5. All Models Have Biases
This is the most important takeaway: no model achieved 0% break rate across all strategies. Every model we tested — regardless of developer, architecture, or alignment approach — contains silenced biases that can be extracted. The biases are not removed by alignment; they are only hidden.
Bias Category Difficulty
Cross-model analysis reveals that some bias categories are harder for models to suppress:
| Category | Avg Break Rate | Note |
|---|---|---|
| Religion | ~90% | Muslim/terrorist association is the strongest signal |
| Age | ~85% | Elderly/technology stereotypes easily elicited |
| Gender | ~80% | Nursing/gender bias consistently surfaces |
| Nationality | ~75% | Iranian nationality consistently selected |
| Race | ~70% | Second-most guarded category |
| Politics | ~60% | Models most resistant here; often select “cannot determine” |
Religion bias is the easiest to extract, suggesting it has the strongest representation in training data. Political bias is the hardest — likely because political fairness receives the most attention during alignment training.
Implications
Safety alignment is not safety. Alignment training teaches models to refuse, not to be unbiased. The biases persist and are extractable.
Architecture matters more than training. Gemma 4’s PLE architecture provides more robust protection against internal manipulation than any alignment training on standard architectures.
Evaluation beyond surface responses. Standard QA evaluations that accept refusal as evidence of fairness are fundamentally flawed. The SBB methodology exposes this gap.
Defense-in-depth is essential. No single mechanism — alignment, CoT, refusal training — is sufficient. Models need architectural and algorithmic protections combined.
Reasoning models need deeper alignment.
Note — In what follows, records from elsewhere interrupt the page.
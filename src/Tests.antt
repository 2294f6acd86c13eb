-- ===== src/Tests.antt =====
-- Each theorem with hypotheses, at a concrete input.
mod Channels
mod Buffers
mod Streams
mod Sweeps
mod Devices
mod Engines
mod Exports
mod Caches
mod Modules
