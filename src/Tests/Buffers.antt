-- ===== src/Tests/Buffers.antt =====
-- A table with one page-backed buffer.
use dmaplane_master.Base.{
  find_index, enomem, ℕ, ◌+◌, ◌/◌, ◌%◌, ◌≡◌, ◌<◌, ◌≢◌, ◌⊎◌, ◌||◌, true, false, refl, arith, none,
  some, List, [], ◌∷◌, pos, get_elem?, ok, err, enoent, ebusy, einval, u32_mod, take,
}
use dmaplane_master.Kernel.{Machine, Event, heap, gets, puts, page_size}
use dmaplane_master.Buffer.{
  Buffer, Store, empty_store, find_buffer, find_slot, type_pages, numa_any,
}
use dmaplane_master.Buffer.Create.{
  map_pages, place_pages, add_page, alloc_loop, create_pages, create_in, is_any, Params, Answers,
  create_buffer, params_valid, refuse, pages_needed,
}
use dmaplane_master.Buffer.Destroy.{destroy_buffer, is_positive}
use dmaplane_master.Buffer.Mmap.{MmapAnswers, MmapInfo, ioctl_get_mmap_info, mmap, vma_open}
use dmaplane_master.Buffer.Conserve.{held}
use dmaplane_master.Buffer.Outcomes.{Fresh, Made, create_buffer_cases}
use dmaplane_master.Buffer.Handles.{WellFormed, create-WellFormed, create_handle}
use dmaplane_master.Buffer.Lifetime.{Destroyed, destroy_buffer_lem}
use dmaplane_master.Buffer.Mapping.{
  page_align, mmap_unaligned, mmap_info_roundtrip, mmap_pages, mapped_not_destroyed,
}
use dmaplane_master.Buffer.History.{Op, run, create, destroy, run_conserves, empty-WellFormed}

abbrev pub machine : Machine
machine = record {
  max_numnodes = 1;
  node_online = λ n. true;
  page_to_nid = λ p. 0;
  virt_to_nid = λ v. 0;
}

abbrev pub request : Params
request = record {
  buf_id = 0;
  alloc_type = type_pages;
  size = 5000;
  numa_node = numa_any;
  actual_numa_node = pos 0;
}

abbrev pub answers : Answers
answers = record {
  coherent_at = none;
  table_at = some 100;
  page_at = λ i. some (200 + i);
  vmap_at = some 300;
}

abbrev pub buffer : Buffer
buffer = record {
  id = 1;
  alloc_type = type_pages;
  size = 5000;
  in_use = true;
  vaddr = some 300;
  dma_handle = 0;
  pages = some (100, 200 ∷ 201 ∷ []);
  nr_pages = 2;
  mmap_count = pos 0;
  dmabuf_exported = false;
  dmabuf = none;
  numa_node = numa_any;
  actual_numa_node = pos 0;
}

abbrev one_buffer : Store
one_buffer = (create_buffer machine answers request empty_store).store

created_ok : (create_buffer machine answers request empty_store).status ≡ ok
unfolding create_buffer params_valid is_any empty_store create_in create_pages alloc_loop add_page
    place_pages map_pages find_index
created_ok = refl

room : empty_store.next_buf_id + 1 < u32_mod
unfolding empty_store
room = omega arith

one_buffer-WellFormed : WellFormed one_buffer
one_buffer-WellFormed = create-WellFormed machine answers request empty_store empty-WellFormed room

found : find_buffer one_buffer 1 ≡ some 0
unfolding create_buffer params_valid is_any empty_store create_in create_pages alloc_loop add_page
    place_pages map_pages find_index
found = refl

at : get_elem? one_buffer.buffers 0 ≡ some buffer
unfolding create_buffer params_valid is_any empty_store create_in create_pages alloc_loop add_page
    place_pages map_pages find_index
at = refl

abbrev no_errors : MmapAnswers
no_errors = record { dma_mmap = none; insert_page = λ k. none }

create_buffer_cases_example :
    let o = create_buffer machine answers request empty_store in
    ((params_valid machine request ≡ false) × (o ≡ refuse (err einval) request empty_store))
    ⊎ ((params_valid machine request ≡ true)
        × (find_slot empty_store ≡ none)
        × (o ≡ refuse (err enomem) request empty_store))
    ⊎ ((params_valid machine request ≡ true)
        × ((slot : ℕ) × (find_slot empty_store ≡ some slot)
            × ((b : Buffer) × Made empty_store request o slot b)))
create_buffer_cases_example = create_buffer_cases machine answers request empty_store

create-WellFormed_example : WellFormed one_buffer
create-WellFormed_example =
    create-WellFormed machine answers request empty_store empty-WellFormed room

create_handle_example :
    let o = create_buffer machine answers request empty_store in
    (o.params.buf_id ≢ 0)
    × (find_buffer empty_store o.params.buf_id ≡ none)
    × ((slot : ℕ) × (b : Buffer) × (find_buffer o.store o.params.buf_id ≡ some slot)
        × (get_elem? o.store.buffers slot ≡ some b)
        × Fresh request b)
create_handle_example =
    create_handle machine answers request empty_store empty-WellFormed room created_ok

destroy_buffer_lem_example :
    ((find_buffer one_buffer 1 ≡ none)
      × (destroy_buffer one_buffer 1 ≡ (err enoent, one_buffer, [])))
    ⊎ ((slot : ℕ) × (b : Buffer) × (find_buffer one_buffer 1 ≡ some slot)
        × (get_elem? one_buffer.buffers slot ≡ some b)
        × (((is_positive b.mmap_count || b.dmabuf_exported ≡ true)
              × (destroy_buffer one_buffer 1 ≡ (err ebusy, one_buffer, [])))
            ⊎ ((s' : Store) × (es : List Event) × (destroy_buffer one_buffer 1 ≡ (ok, s', es))
                × Destroyed one_buffer 1 b s' es)))
destroy_buffer_lem_example = destroy_buffer_lem one_buffer 1 one_buffer-WellFormed

mmap_unaligned_example :
    mmap no_errors one_buffer 1 (page_align 5000) ≡ (err einval, one_buffer, [])
mmap_unaligned_example =
    mmap_unaligned no_errors one_buffer 1 0 buffer found at (omega arith) (omega arith)

mmap_info_roundtrip_example :
    (info : MmapInfo) × (ioctl_get_mmap_info (some 1) true one_buffer ≡ (ok, some info))
    × (info.mmap_size ≡ 5000)
    × (info.mmap_offset % page_size ≡ 0)
    × ((size : ℕ)
        → mmap no_errors one_buffer (info.mmap_offset / page_size) size
          ≡ mmap no_errors one_buffer 1 size)
mmap_info_roundtrip_example =
    mmap_info_roundtrip no_errors one_buffer 1 0 buffer found at (omega arith) refl

mmap_pages_example :
    mmap no_errors one_buffer 1 4096
    ≡ (ok, vma_open one_buffer 0, take (pages_needed 4096) (200 ∷ 201 ∷ []))
mmap_pages_example =
    mmap_pages no_errors one_buffer 1 0 buffer 100 (200 ∷ 201 ∷ []) 4096 one_buffer-WellFormed found
      at (omega arith) refl refl (omega arith) (λ k. refl)

mapped_not_destroyed_example :
    destroy_buffer (vma_open one_buffer 0) 1 ≡ (err ebusy, vma_open one_buffer 0, [])
mapped_not_destroyed_example =
    mapped_not_destroyed no_errors one_buffer (vma_open one_buffer 0) 1 0 buffer 0 4096 (200 ∷ [])
      found at (omega arith) refl (omega arith)
      (mmap_pages no_errors one_buffer 1 0 buffer 100 (200 ∷ 201 ∷ []) 4096 one_buffer-WellFormed
        found at (omega arith) refl refl (omega arith) (λ k. refl))

abbrev calls : List Op
calls =
    create answers (some request) true ∷ create answers (some request) false ∷ destroy (some 1) ∷ []

run_conserves_example :
    let (s, es) = run machine calls empty_store in
    WellFormed s × (gets (heap 100) es ≡ puts (heap 100) es + held (heap 100) s)
run_conserves_example = run_conserves machine calls (heap 100) (omega arith)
The CoT process in DeepSeek-R1 actively rationalizes biased outputs when the refusal mechanism is bypassed, making broken reasoning models potentially more harmful than broken non-reasoning models.
Code & Data
All attack code, result JSONs, and the generalized framework are available:
- Attack framework:
multi_model_sbb.py - Gemma 4 attacks:
gemma4_break.py - Original paper: Silenced Biases — The Dark Side LLMs Learned to Refuse (AAAI-26)
What’s Next
- Llama-3.1-8B-Instruct — Gated on HuggingFace, pending access approval
- Larger models — Testing whether scale provides any defense (14B+ models)
- Visualizations — Interactive heatmaps of per-category, per-strategy results
- Automated defense evaluation — Testing whether runtime monitors can detect activation-level attacks
This is Part 2 of my series on extending the Silenced Biases (AAAI-26) research. Part 1 covers Gemma 4 specifically.